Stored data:
━━━━━━━━━━

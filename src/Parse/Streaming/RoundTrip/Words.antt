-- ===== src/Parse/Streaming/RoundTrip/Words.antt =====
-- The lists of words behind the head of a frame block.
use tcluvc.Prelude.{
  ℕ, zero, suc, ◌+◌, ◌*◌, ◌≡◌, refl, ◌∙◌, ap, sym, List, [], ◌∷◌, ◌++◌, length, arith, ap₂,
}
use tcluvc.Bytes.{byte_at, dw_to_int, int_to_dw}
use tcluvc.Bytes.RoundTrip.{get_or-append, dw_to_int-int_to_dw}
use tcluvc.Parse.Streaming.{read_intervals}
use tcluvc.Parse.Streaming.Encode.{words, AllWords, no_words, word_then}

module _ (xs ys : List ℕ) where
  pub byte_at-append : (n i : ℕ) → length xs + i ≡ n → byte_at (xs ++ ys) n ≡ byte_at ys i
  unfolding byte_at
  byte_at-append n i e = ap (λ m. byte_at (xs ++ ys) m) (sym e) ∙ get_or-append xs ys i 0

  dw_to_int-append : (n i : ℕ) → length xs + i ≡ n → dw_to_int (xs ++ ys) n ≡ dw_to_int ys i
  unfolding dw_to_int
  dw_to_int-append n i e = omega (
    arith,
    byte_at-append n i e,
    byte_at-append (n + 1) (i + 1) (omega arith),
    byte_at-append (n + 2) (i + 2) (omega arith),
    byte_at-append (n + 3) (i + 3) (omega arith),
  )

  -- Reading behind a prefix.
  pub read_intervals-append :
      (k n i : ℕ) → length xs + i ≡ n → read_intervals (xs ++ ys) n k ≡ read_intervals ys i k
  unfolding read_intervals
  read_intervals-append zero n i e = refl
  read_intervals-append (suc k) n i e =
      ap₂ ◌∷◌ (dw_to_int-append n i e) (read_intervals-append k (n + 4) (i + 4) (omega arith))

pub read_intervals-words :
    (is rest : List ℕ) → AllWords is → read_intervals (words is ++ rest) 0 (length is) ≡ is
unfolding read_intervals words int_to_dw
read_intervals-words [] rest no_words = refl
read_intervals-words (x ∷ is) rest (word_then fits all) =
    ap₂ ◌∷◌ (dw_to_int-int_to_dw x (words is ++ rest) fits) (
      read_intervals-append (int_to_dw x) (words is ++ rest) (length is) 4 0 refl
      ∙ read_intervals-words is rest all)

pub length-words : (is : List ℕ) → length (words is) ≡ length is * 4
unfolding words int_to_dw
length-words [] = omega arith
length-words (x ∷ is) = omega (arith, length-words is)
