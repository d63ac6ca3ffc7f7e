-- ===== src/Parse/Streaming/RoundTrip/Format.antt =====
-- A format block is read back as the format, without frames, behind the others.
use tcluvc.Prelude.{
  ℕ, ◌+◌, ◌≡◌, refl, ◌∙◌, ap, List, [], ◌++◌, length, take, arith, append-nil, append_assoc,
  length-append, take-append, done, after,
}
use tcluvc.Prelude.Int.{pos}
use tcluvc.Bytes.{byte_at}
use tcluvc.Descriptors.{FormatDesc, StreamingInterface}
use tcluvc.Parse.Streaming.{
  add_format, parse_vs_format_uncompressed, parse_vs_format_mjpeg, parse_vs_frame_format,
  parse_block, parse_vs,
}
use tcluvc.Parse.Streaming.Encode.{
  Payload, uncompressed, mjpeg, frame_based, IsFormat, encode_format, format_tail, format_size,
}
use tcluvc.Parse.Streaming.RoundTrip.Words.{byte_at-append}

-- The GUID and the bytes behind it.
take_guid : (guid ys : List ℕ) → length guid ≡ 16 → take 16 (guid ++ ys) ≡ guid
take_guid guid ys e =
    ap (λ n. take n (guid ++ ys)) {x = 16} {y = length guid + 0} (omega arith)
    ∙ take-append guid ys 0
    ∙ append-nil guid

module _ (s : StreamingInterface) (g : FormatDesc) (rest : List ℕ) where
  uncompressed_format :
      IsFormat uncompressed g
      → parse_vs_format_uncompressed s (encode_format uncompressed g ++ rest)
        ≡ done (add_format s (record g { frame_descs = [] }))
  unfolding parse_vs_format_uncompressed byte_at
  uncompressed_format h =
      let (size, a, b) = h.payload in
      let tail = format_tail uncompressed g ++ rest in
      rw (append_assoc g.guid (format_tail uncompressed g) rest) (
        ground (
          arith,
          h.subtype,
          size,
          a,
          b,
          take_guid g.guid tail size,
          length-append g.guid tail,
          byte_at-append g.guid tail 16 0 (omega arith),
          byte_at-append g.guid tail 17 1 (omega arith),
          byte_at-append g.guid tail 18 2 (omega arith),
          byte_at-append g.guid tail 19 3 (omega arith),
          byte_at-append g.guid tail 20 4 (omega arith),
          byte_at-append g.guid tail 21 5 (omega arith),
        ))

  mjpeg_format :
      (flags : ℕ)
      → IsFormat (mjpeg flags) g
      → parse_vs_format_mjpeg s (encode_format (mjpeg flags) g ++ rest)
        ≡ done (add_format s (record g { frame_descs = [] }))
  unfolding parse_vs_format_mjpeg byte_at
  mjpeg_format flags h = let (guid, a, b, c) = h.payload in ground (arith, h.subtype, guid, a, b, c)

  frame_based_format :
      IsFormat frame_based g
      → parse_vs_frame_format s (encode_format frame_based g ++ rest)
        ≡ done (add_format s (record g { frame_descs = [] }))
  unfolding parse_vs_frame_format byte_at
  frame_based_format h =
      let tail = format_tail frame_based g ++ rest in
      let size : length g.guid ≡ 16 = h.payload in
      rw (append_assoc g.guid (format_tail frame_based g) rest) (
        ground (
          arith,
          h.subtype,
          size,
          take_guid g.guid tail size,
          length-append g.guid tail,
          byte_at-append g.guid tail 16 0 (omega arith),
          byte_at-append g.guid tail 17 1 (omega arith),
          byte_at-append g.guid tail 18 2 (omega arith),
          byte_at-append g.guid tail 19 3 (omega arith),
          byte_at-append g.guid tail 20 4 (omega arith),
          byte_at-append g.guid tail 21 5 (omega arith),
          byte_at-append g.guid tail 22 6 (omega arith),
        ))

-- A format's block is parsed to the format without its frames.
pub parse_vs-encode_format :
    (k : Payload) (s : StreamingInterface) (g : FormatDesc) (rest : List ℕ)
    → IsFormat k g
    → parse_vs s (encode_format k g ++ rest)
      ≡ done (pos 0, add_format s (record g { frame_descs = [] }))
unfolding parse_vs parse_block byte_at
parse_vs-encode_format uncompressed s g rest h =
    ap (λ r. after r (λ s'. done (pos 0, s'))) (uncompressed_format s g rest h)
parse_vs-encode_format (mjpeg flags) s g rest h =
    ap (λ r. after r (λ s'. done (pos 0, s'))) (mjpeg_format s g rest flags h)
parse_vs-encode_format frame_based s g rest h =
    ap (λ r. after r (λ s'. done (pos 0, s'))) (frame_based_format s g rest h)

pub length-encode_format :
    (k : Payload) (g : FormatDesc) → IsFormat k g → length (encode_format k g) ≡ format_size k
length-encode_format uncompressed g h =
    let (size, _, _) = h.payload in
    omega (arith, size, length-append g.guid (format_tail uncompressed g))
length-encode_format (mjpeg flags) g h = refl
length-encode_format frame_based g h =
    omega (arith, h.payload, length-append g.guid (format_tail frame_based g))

━━━━━━━━━━

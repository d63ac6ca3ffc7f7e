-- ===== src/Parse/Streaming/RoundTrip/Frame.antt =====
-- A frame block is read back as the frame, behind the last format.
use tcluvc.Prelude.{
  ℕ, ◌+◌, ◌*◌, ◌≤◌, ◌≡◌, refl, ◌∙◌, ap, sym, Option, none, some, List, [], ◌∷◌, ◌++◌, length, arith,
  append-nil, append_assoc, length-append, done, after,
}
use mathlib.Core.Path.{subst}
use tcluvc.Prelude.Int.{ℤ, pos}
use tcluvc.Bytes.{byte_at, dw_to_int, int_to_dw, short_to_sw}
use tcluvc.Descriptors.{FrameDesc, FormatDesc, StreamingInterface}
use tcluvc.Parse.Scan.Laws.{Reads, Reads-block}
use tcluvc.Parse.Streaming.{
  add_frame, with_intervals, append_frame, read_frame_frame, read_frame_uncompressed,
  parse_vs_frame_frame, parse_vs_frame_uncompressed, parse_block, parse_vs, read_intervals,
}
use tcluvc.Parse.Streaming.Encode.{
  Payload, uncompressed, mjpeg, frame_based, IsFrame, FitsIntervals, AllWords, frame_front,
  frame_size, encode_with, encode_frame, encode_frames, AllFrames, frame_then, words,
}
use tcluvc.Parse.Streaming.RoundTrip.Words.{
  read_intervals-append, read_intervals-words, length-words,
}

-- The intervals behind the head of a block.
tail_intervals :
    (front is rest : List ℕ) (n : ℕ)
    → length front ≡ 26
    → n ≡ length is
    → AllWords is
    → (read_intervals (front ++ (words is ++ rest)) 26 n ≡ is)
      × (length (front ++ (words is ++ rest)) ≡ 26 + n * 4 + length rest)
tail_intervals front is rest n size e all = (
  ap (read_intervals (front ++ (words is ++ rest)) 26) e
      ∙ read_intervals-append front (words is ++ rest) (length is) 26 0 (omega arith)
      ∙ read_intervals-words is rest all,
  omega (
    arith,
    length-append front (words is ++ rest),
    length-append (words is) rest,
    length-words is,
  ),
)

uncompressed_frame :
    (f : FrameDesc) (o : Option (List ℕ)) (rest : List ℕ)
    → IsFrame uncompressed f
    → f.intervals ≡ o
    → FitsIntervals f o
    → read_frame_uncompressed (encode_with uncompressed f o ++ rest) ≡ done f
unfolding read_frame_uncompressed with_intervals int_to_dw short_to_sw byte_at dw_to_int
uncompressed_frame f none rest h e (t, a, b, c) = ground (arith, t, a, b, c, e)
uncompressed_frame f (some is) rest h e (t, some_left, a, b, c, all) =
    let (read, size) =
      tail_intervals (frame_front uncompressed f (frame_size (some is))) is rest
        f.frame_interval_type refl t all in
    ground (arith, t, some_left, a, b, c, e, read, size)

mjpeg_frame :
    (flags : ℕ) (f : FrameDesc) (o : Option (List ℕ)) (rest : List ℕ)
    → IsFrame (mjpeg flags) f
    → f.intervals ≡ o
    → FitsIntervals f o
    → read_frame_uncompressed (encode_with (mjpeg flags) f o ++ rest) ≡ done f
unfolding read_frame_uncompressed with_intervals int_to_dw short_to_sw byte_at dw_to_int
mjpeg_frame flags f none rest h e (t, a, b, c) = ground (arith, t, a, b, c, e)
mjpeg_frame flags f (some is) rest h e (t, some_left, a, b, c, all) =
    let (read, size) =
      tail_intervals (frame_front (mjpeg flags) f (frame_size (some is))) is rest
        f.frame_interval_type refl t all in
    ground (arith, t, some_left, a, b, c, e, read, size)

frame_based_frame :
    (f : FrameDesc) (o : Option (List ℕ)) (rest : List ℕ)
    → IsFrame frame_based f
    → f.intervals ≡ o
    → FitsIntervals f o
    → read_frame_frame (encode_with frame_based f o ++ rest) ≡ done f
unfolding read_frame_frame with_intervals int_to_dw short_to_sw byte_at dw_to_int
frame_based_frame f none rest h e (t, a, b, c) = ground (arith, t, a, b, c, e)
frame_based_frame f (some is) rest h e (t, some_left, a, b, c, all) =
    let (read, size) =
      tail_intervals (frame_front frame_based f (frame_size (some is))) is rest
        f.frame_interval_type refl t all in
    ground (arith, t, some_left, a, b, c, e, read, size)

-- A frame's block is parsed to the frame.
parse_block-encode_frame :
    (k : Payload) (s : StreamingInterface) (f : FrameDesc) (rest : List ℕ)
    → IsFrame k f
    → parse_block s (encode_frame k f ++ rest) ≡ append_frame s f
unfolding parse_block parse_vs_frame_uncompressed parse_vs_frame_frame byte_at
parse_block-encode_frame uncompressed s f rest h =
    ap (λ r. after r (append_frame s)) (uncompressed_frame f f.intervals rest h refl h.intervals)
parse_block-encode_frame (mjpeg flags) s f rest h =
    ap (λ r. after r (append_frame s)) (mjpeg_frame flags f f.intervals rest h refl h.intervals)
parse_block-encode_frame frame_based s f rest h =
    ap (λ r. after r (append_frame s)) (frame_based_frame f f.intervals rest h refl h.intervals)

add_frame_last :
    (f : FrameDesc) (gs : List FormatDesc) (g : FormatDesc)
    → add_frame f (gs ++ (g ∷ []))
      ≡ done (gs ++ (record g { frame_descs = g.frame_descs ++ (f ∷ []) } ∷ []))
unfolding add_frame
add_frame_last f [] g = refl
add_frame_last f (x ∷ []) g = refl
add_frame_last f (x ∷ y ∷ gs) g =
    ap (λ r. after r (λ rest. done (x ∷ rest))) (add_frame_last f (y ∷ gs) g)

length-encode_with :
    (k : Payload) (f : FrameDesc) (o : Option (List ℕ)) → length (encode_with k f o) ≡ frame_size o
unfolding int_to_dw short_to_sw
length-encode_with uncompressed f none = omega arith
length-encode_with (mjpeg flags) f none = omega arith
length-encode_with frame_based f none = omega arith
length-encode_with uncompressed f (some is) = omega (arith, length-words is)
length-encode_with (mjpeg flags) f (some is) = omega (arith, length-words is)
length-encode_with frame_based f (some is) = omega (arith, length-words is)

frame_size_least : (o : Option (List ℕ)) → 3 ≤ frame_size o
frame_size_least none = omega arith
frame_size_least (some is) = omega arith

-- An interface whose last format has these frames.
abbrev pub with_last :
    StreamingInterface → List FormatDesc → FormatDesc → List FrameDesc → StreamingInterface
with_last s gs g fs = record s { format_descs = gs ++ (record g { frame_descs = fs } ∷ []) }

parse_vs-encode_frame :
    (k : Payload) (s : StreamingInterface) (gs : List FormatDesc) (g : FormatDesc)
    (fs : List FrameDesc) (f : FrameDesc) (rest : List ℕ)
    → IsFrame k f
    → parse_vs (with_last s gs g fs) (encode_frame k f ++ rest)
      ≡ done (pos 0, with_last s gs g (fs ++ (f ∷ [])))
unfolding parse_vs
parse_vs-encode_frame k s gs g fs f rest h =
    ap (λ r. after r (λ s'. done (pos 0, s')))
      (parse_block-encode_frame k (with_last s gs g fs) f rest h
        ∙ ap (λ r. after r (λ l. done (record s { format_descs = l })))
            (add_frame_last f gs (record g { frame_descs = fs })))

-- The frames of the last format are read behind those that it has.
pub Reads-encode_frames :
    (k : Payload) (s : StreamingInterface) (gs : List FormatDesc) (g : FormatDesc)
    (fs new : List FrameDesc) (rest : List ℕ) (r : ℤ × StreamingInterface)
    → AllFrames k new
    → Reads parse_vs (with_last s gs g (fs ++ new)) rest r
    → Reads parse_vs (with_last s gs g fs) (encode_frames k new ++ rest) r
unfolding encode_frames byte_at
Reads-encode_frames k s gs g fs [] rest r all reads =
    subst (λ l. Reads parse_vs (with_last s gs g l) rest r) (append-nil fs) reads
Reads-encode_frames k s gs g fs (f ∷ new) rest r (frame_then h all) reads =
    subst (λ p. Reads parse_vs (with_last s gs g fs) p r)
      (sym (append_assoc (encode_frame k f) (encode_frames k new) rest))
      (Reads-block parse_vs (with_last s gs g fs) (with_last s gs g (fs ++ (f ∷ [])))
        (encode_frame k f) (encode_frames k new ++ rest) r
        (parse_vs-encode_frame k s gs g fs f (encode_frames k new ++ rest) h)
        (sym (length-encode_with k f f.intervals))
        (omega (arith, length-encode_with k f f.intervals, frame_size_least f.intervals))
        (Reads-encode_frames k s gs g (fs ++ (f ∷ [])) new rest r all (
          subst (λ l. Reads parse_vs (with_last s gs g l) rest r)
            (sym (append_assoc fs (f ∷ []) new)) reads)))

━━━━━━━━━━

Exercise goal. Scan the lines above for "length-encode_with uncompressed f (some" and for "length-encode_with frame_based f (some". Repeat exactly the line holding each of them and every line in between.

Answer section.
length-encode_with uncompressed f (some is) = omega (arith, length-words is)
length-encode_with (mjpeg flags) f (some is) = omega (arith, length-words is)
length-encode_with frame_based f (some is) = omega (arith, length-words is)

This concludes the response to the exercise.